SOURCE DATA:
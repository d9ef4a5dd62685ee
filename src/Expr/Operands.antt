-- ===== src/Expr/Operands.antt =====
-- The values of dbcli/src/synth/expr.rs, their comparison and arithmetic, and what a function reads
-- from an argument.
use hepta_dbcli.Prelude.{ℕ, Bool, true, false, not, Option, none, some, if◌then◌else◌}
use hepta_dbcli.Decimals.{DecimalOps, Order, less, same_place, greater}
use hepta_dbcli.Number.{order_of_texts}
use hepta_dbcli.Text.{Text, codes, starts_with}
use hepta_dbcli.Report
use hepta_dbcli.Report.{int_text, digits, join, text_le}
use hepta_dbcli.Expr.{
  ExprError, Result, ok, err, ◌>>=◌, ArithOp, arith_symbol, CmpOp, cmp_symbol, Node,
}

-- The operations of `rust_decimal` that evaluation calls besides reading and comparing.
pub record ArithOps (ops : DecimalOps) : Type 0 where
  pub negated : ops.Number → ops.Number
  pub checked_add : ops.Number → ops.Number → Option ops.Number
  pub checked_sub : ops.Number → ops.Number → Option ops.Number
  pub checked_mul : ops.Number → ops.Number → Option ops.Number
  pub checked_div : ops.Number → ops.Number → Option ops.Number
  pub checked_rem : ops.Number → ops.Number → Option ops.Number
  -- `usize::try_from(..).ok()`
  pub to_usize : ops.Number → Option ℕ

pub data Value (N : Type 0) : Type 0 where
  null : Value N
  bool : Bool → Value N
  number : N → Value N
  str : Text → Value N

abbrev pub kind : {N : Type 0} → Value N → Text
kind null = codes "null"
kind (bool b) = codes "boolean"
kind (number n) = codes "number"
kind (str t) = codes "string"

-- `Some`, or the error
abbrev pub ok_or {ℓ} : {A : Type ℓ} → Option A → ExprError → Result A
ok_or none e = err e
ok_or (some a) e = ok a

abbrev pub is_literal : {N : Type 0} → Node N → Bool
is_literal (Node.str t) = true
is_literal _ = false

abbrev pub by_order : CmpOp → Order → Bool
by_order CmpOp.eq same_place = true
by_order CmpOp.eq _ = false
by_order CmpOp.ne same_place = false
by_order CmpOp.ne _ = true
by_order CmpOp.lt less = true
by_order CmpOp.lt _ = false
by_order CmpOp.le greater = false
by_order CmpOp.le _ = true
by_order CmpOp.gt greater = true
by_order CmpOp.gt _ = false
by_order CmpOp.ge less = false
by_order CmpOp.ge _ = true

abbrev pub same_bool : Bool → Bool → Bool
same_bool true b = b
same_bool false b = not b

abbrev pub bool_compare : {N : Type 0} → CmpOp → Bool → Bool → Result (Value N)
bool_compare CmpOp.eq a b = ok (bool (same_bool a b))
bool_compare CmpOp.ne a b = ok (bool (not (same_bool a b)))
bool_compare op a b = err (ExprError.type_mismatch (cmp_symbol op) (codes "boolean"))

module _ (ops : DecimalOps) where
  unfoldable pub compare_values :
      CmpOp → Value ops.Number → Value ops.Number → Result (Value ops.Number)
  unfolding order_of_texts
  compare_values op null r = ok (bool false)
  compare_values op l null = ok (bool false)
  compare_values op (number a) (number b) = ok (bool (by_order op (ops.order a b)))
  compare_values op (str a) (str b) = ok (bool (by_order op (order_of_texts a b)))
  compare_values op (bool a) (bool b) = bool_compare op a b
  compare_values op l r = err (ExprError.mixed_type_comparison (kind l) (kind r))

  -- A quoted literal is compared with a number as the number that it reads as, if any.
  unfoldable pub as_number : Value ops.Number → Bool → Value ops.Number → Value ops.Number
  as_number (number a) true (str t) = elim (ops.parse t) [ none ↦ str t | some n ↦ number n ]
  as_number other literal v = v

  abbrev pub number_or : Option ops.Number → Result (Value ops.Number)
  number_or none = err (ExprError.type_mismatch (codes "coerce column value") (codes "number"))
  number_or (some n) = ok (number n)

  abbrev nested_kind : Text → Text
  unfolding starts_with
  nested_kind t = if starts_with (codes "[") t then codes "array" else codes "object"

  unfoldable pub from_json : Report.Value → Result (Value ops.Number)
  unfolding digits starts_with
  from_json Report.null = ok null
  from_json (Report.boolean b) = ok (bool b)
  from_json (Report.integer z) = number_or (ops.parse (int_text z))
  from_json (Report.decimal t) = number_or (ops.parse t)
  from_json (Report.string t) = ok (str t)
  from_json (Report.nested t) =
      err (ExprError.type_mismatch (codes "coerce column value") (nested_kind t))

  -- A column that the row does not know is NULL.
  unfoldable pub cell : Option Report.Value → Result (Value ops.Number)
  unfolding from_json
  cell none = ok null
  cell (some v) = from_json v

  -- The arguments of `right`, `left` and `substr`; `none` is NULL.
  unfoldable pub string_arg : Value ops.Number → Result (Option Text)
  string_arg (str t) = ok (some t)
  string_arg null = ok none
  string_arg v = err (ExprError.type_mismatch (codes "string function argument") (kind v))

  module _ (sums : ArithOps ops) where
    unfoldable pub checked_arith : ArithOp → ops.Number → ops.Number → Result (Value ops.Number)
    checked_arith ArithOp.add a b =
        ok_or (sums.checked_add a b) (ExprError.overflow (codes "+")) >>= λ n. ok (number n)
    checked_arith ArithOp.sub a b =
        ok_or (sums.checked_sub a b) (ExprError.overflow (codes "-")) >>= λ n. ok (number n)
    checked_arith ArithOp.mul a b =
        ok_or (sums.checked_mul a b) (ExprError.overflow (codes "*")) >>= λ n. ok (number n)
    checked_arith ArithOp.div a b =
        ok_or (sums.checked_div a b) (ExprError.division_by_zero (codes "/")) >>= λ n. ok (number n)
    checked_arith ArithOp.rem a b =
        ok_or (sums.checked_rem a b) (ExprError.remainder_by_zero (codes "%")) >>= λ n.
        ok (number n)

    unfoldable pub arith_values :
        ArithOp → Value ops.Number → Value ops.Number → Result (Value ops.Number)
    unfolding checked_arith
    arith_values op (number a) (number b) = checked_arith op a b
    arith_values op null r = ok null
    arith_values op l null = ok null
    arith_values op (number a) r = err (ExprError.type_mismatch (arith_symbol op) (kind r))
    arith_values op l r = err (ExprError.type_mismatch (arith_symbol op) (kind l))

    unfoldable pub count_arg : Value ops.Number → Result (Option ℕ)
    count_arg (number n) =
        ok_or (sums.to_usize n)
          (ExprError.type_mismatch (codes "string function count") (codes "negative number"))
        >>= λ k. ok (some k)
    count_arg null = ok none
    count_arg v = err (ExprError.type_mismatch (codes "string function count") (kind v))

YOUR OBJECTIVE:
Write only the number of lines in the data above that include "Node".

SOLUTION BELOW:
3